Additional rewards: 100 Ep and 25 shards]

Immediately after I had sifted through the messages, of which there were a lot of the basic skeleton ones, which I just skipped, I got one of Lily:

[Hannibal, you just did something significant. I don't know if good or bad. The one you just defeated was indeed bound to a divine power. And with his death, this divine spark just vanished. Nothing else happened. It's quite possible that these few undead and their oath was the last thing keeping a trace of this god behind. And if he left his last spark down here, that means that a now dead and forgotten god kept these undead alive even to the cost of his own existence. the scary question is: why?“]

"I know.“ I said. And I did. The Regicide had said as much. They had been doing something they deemed worthy enough that it would have annulled their sins. But these sins were not theirs to forgive. They were mine. Whatever good deed they think they had been doing here, it would not matter to me.

One more notice appeared in front of me:

[Do you claim Zero as your own? You have defeated the previous owner of Zero, [Bound Chain Golem] Level 3, and can claim ownership! Cost 150 EP]

I did not think long about that one. I selected yes and felt Essence leaving me, streaming forth from my hand and into the chain I still held in my hands. After it was done the essence did not seem lost, just....displaced.

I felt a tingle coming from the metal as if it reacted to my touch somehow. I watched a few moments, but the chain did nothing else. So I shrugged and went back to my little storeroom out in the labyrinth, but not after grabbing and fastening the sword of the Betrayer to my back. I was still wounded and tired. I bunkered down, secured the door, ate enough rations to feed a family, and went to sleep. And sleeping like the dead I did.

I awoke to a rumble in the distance. A hollow sound vibrating through the stone I slept on. Slowly, ever so slowly a dampened beat. As if a beating heart of the deeps itself arose from an age-old slumber. And that may have been as near to the truth as I dared to imagine. It hit me hard, primal fear in the very core of my soul, so pure that I almost started running right then and there.

Boom.

Another pulse shook the earth and I stumbled through the room. Something was definitely happening and soon. I had planned to stay here for a while, scour the halls for riches of the past, hunting for enemies I knew I could handle.
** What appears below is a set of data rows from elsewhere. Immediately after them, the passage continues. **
-- ===== src/Orchestrator/RunHandlers/Cancellation.antt =====
-- agentorchestrator/server.go: canceling and retrying runs. The order in which a map lists the
-- children of a run is that of the store's list.
use nexixai_agentos.Prelude.{string_key}
use nexixai_agentos.Prelude.{
  ℕ, zero, suc, String, Bool, true, false, not, Option, none, some, List, [], ◌∷◌, ◌++◌,
  if◌then◌else◌, get_or,
}
use nexixai_agentos.Orchestrator.Types.{
  RunStatus, canceled, failed, errored, is_terminal, is_active, Run, new_run,
}
use nexixai_agentos.Orchestrator.RunStore.{
  FileRunStore, StoreError, create, save, lookup, list_child_runs,
}
use nexixai_agentos.Orchestrator.RunHandlers.{
  Settings, Server, Call, Response, ok_run, created_run, refused, submit, release,
}

-- When a run is saved as canceled: the date, whether the context is done and whether the disk takes
-- the write; and whether the context is done when the children of the run are listed after that.
pub record Moment : Type 0 where
  pub date : ℕ
  pub ctx_done : Bool
  pub disk_ok : Bool
  pub list_done : Bool

-- A request to cancel: whether its context is done when the run is looked up, and the moment of each
-- run, by the ids from that run up to the canceled one, which is left out.
pub record CancelCall : Type 0 where
  pub lookup_done : Bool
  pub moment : List String → Moment

module _ (cfg : Settings) where
  abbrev pub cancel_job : Server → String → Server
  cancel_job s run_id =
      if cfg.has_executor then record s { canceled = s.canceled ++ run_id ∷ [] } else s

  abbrev pub canceled_run : Run → ℕ → Run
  canceled_run run date = record run { status = canceled; completed_at = date }

  -- A child was saved, or could not be.
  abbrev pub on_child_saved :
      (Server → String → Server) → String → Server → Run → FileRunStore × Option StoreError → Server
  on_child_saved deeper tenant s child (runs, none) =
      deeper (release cfg (record s { runs = runs }) tenant) child.run_id
  on_child_saved deeper tenant s child (runs, some error) = record s { runs = runs }

  -- `path` are the ids from the parent up.
  abbrev pub cancel_child :
      (List String → Server → String → Server)
      → CancelCall
      → List String
      → String
      → Server
      → Run
      → Server
  cancel_child deeper c path tenant s child =
      let m = c.moment (child.run_id ∷ path) in
      if not (is_active child.status)
      then s
      else on_child_saved (deeper (child.run_id ∷ path)) tenant (cancel_job s child.run_id) child
          (save cfg.storage_key s.runs m.ctx_done (canceled_run child m.date) m.disk_ok)

  abbrev pub cancel_children :
      (List String → Server → String → Server)
      → CancelCall
      → List String
      → String
      → Server
      → List Run
      → Server
  cancel_children deeper c path tenant s [] = s
  cancel_children deeper c path tenant s (child ∷ children) =
      cancel_children deeper c path tenant (cancel_child deeper c path tenant s child) children

  -- cascadeCancelChildren, with the levels that are left.
  unfoldable pub cascade_cancel_children :
      ℕ → CancelCall → String → List String → Server → String → Server
  cascade_cancel_children zero c tenant path s parent = s
  cascade_cancel_children (suc levels) c tenant path s parent =
      cancel_children (cascade_cancel_children levels c tenant) c path tenant s
        (get_or (list_child_runs s.runs (c.moment path).list_done tenant parent) [])

  abbrev pub on_saved :
      CancelCall → String → Server → Run → FileRunStore × Option StoreError → Server × Response
  on_saved c tenant s run (runs, some error) =
      (record s { runs = runs }, refused 500 "run_persist_failed")
  on_saved c tenant s run (runs, none) = (
    release cfg
        (cascade_cancel_children cfg.max_cancel_depth c tenant [] (record s { runs = runs })
          run.run_id)
        tenant,
    ok_run run,
  )

  abbrev pub on_found :
      CancelCall → String → FileRunStore × Option (Option Run) → Server → Server × Response
  on_found c tenant (runs, none) s = (record s { runs = runs }, refused 500 "run_lookup_failed")
  on_found c tenant (runs, some none) s = (record s { runs = runs }, refused 404 "not_found")
  on_found c tenant (runs, some (some run)) s =
      if is_terminal run.status
      then (record s { runs = runs }, refused 409 "invalid_state_transition")
      else let m = c.moment [] in
        on_saved c tenant (cancel_job (record s { runs = runs }) run.run_id)
          (canceled_run run m.date)
          (save cfg.storage_key runs m.ctx_done (canceled_run run m.date) m.disk_ok)

  unfoldable pub handle_cancel : Server → String → String → CancelCall → Server × Response
  handle_cancel s tenant run_id c =
      on_found c tenant (lookup cfg.storage_key s.runs c.lookup_done tenant run_id) s

  -- "failed" or "error".
  abbrev is_retryable : RunStatus → Bool
  is_retryable failed = true
  is_retryable errored = true
  is_retryable _ = false

  abbrev pub retry_run : Run → Call → Run
  retry_run original c =
      record (new_run original.tenant_id original.agent_id c.run_id c.date original.input
        original.run_options) { retry_of = original.run_id }

  abbrev on_retry_created : Server → Run → FileRunStore × Option StoreError → Server × Response
  on_retry_created s run (runs, none) = (submit cfg (record s { runs = runs }) run, created_run run)
  on_retry_created s run (runs, some error) =
      (record s { runs = runs }, refused 500 "run_persist_failed")

  abbrev on_original : Call → FileRunStore × Option (Option Run) → Server → Server × Response
  on_original c (runs, none) s = (record s { runs = runs }, refused 500 "run_lookup_failed")
  on_original c (runs, some none) s = (record s { runs = runs }, refused 404 "not_found")
  on_original c (runs, some (some original)) s =
      if not (is_retryable original.status)
      then (record s { runs = runs }, refused 409 "run_not_terminal")
      else on_retry_created (record s { runs = runs }) (retry_run original c)
          (create cfg.storage_key runs c.ctx_done (retry_run original c) c.disk_ok)

  unfoldable pub handle_run_retry : Server → String → String → Call → Server × Response
  handle_run_retry s tenant run_id c =
      on_original c (lookup cfg.storage_key s.runs c.ctx_done tenant run_id) s
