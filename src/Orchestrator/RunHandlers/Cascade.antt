-- ===== src/Orchestrator/RunHandlers/Cascade.antt =====
-- What canceling does to the stored runs (agentorchestrator/server.go).
use nexixai_agentos.Prelude.{string_key}
use nexixai_agentos.Prelude.{
  ℕ, zero, suc, String, ◌≡◌, ◌⊎◌, refl, sym, ◌∙◌, subst, true, false, Option, none, some, List, [],
  ◌∷◌, ◌==◌, is_some, get_or, inl, inr, Bool-cases, All, arith,
}
use nexixai_agentos.Prelude.Dict.{Dict, get}
use nexixai_agentos.Orchestrator.Types.{
  RunStatus, queued, running, completed, failed, canceled, errored, other, is_terminal, is_active,
  Run,
}
use nexixai_agentos.Orchestrator.RunStore.{FileRunStore, StoreError, save, list_child_runs}
use nexixai_agentos.Orchestrator.RunStore.Known.{
  IsKeyed, IsStored, save-cases, save-IsKeyed, list_child_runs-IsStored, get-store_locked_known,
}
use nexixai_agentos.Orchestrator.RunHandlers.{Settings, Server, release}
use nexixai_agentos.Orchestrator.RunHandlers.Cancellation.{
  CancelCall, cancel_job, canceled_run, on_child_saved, cancel_child, cancel_children,
  cascade_cancel_children,
}

active_unfinished : (status : RunStatus) → is_active status ≡ true → is_terminal status ≡ false
active_unfinished queued h = refl
active_unfinished running h = refl
active_unfinished completed h = cc
active_unfinished failed h = cc
active_unfinished canceled h = cc
active_unfinished errored h = cc
active_unfinished (other status) h = cc

module _ (cfg : Settings) (c : CancelCall) where
  -- Each run is as it was, or was not finished and is now canceled, at the moment of its save. No run is lost, none is new.
  abbrev pub Cancels : Dict String Run → Dict String Run → Type 0
  Cancels m m' =
      (k : String)
      → (get m' k ≡ get m k)
        ⊎ ((r : Run) × (path : List String) × (get m k ≡ some r)
            × (is_terminal r.status ≡ false)
            × (get m' k ≡ some (canceled_run cfg r (c.moment path).date)))

  pub Cancels-trans : (a b d : Dict String Run) → Cancels a b → Cancels b d → Cancels a d
  Cancels-trans a b d p q k = elim (p k) [
    | inl e ↦ elim (q k) [ inl f ↦ inl (f ∙ e) | inr (r, p, f, t, g) ↦ inr (r, p, sym e ∙ f, t, g) ]
    | inr (r, path, e, t, f) ↦ elim (q k) [
      | inl g ↦ inr (r, path, e, t, g ∙ f)
      | inr (r', path', g, t', l) ↦ ground (arith, f, g, t')
    ]
  ]

  -- From the runs m to those of a store that is in order.
  abbrev pub After : Dict String Run → FileRunStore → Type 0
  After m s = IsKeyed cfg.storage_key s × Cancels m s.runs

  -- A run that was read when it was not finished is saved as canceled.
  pub save-After :
      (m : Dict String Run) (s : FileRunStore) (run : Run) (path : List String)
      → let now = c.moment path in
        IsStored cfg.storage_key m run
        → is_terminal run.status ≡ false
        → After m s
        → After m
            (save cfg.storage_key s now.ctx_done (canceled_run cfg run now.date) now.disk_ok).0
  save-After m s run path stored open_run h =
      let at_save = c.moment path in
      let saved = canceled_run cfg run at_save.date in
      let key = cfg.storage_key run.tenant_id run.run_id in
      (
        save-IsKeyed cfg.storage_key s at_save.ctx_done saved at_save.disk_ok h.0,
        elim (save-cases cfg.storage_key s at_save.ctx_done saved at_save.disk_ok) [
          | inl e ↦ subst (λ (x : FileRunStore). Cancels m x.runs) (sym (e.0)) (h.1)
          | inr e ↦
              subst (λ (x : FileRunStore × Option StoreError). Cancels m x.0.runs) (sym e)
                (λ k.
                  let known : is_some (get s.runs key) ≡ true = ground (arith, h.1 key) in
                  let now =
                    get-store_locked_known s key k saved at_save.disk_ok h.0.ordered known in
                  elim (Bool-cases (key == k)) [
                    | inl b ↦
                        let same = (string_key.same_iff key k).0 b in
                        inr (
                          run,
                          path,
                          subst (λ j. get m j ≡ some run) same stored,
                          open_run,
                          now ∙ rw b refl,
                        )
                    | inr b ↦
                        subst
                          (λ (o : Option Run).
                            (o ≡ get m k)
                            ⊎ ((r : Run) × (path : List String) × (get m k ≡ some r)
                                × (is_terminal r.status ≡ false)
                                × (o ≡ some (canceled_run cfg r (c.moment path).date))))
                          (sym (now ∙ rw b refl)) (h.1 k)
                  ])
        ],
      )

  -- Canceling the children of a run.
  abbrev pub Deeper : (Server → String → Server) → Type 0
  Deeper deeper =
      (s : Server) (run_id : String)
      → IsKeyed cfg.storage_key s.runs
      → After s.runs.runs (deeper s run_id).runs

  on_child_saved-After :
      (m : Dict String Run) (deeper : Server → String → Server) (tenant : String) (s : Server)
      (child : Run) (r : FileRunStore × Option StoreError)
      → Deeper deeper
      → After m r.0
      → After m (on_child_saved cfg deeper tenant s child r).runs
  on_child_saved-After m deeper tenant s child (runs, some error) d h = h
  on_child_saved-After m deeper tenant s child (runs, none) d h =
      let below = d (release cfg (record s { runs = runs }) tenant) child.run_id h.0 in
      (below.0, Cancels-trans m runs.runs _ h.1 below.1)

  cancel_child-After :
      (m : Dict String Run) (deeper : List String → Server → String → Server) (path : List String)
      (tenant : String) (s : Server) (child : Run)
      → ((path : List String) → Deeper (deeper path))
      → IsStored cfg.storage_key m child
      → After m s.runs
      → After m (cancel_child cfg deeper c path tenant s child).runs
  cancel_child-After m deeper path tenant s child d stored h =
      elim (Bool-cases (is_active child.status)) [
        | inl b ↦ rw b (
            on_child_saved-After m (deeper (child.run_id ∷ path)) tenant
              (cancel_job cfg s child.run_id) child _ (d (child.run_id ∷ path))
              (save-After m s.runs child (child.run_id ∷ path) stored
                (active_unfinished child.status b) h))
        | inr b ↦ rw b h
      ]

  cancel_children-After :
      (m : Dict String Run) (deeper : List String → Server → String → Server) (path : List String)
      (tenant : String) (children : List Run) (s : Server)
      → ((path : List String) → Deeper (deeper path))
      → All (IsStored cfg.storage_key m) children
      → After m s.runs
      → After m (cancel_children cfg deeper c path tenant s children).runs
  cancel_children-After m deeper path tenant [] s d stored h = h
  cancel_children-After m deeper path tenant (child ∷ children) s d stored h =
      cancel_children-After m deeper path tenant children
        (cancel_child cfg deeper c path tenant s child) d stored.1
        (cancel_child-After m deeper path tenant s child d stored.0 h)

  pub cascade_cancel_children-After :
      (levels : ℕ) (tenant : String) (path : List String)
      → Deeper (cascade_cancel_children cfg levels c tenant path)
  unfolding cascade_cancel_children
  cascade_cancel_children-After zero tenant path s parent ok = (ok, λ k. inl refl)
  cascade_cancel_children-After (suc levels) tenant path s parent ok =
      let done = (c.moment path).list_done in
      cancel_children-After s.runs.runs (cascade_cancel_children cfg levels c tenant) path tenant
        (get_or (list_child_runs s.runs done tenant parent) []) s
        (cascade_cancel_children-After levels tenant)
        (list_child_runs-IsStored cfg.storage_key s.runs done tenant parent ok) (ok, λ k. inl refl)
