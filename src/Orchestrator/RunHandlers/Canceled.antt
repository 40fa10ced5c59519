-- ===== src/Orchestrator/RunHandlers/Canceled.antt =====
-- What a request to cancel a run does to the stored runs (agentorchestrator/server.go).
use nexixai_agentos.Prelude.{string_key}
use nexixai_agentos.Prelude.{String, ◌≡◌, Option, none, some}
use nexixai_agentos.Prelude.Dict.{Dict}
use nexixai_agentos.Orchestrator.Types.{canceled, Run}
use nexixai_agentos.Orchestrator.RunStore.{FileRunStore, StoreError}
use nexixai_agentos.Orchestrator.RunStore.Known.{IsStored}
use nexixai_agentos.Orchestrator.RunHandlers.{Settings, Server, Response, ok_run}
use nexixai_agentos.Orchestrator.RunHandlers.Cancellation.{CancelCall}
use nexixai_agentos.Orchestrator.RunHandlers.Cascade.{After}

module _ (cfg : Settings) (c : CancelCall) where
  abbrev IsSaved : Run → FileRunStore × Option StoreError → Type 0
  IsSaved run (runs, none) = IsStored cfg.storage_key runs.runs run
  IsSaved run (runs, some error) = Unit

  -- A run that a response reports is canceled, and stored so.
  abbrev pub Reported : Server × Response → Type 0
  Reported (s', ok_run run) = (run.status ≡ canceled) × IsStored cfg.storage_key s'.runs.runs run
  Reported (s', response) = Unit

  abbrev Done : Dict String Run → Server × Response → Type 0
  Done m (s', response) = After cfg c m s'.runs × Reported (s', response)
But now...what now? I knew the drum, the heartbeat, came from the depths of the Abyss. It must be. So up! Up is where I had to go. As it always has been. The builders must have had paths and ways to the surface, I just had to find them.

Advertisement

I packed a large backpack with as much of the stuff lying around as possible, as quickly as I could. I stumbled under the slow barrage of the beating heart, the vibrations that is, but I took what I could get. I hesitated once when I saw that some of the food was rotten. Whatever had kept it fresh and pristine was gone and the food was once more victim to the inevitability of time.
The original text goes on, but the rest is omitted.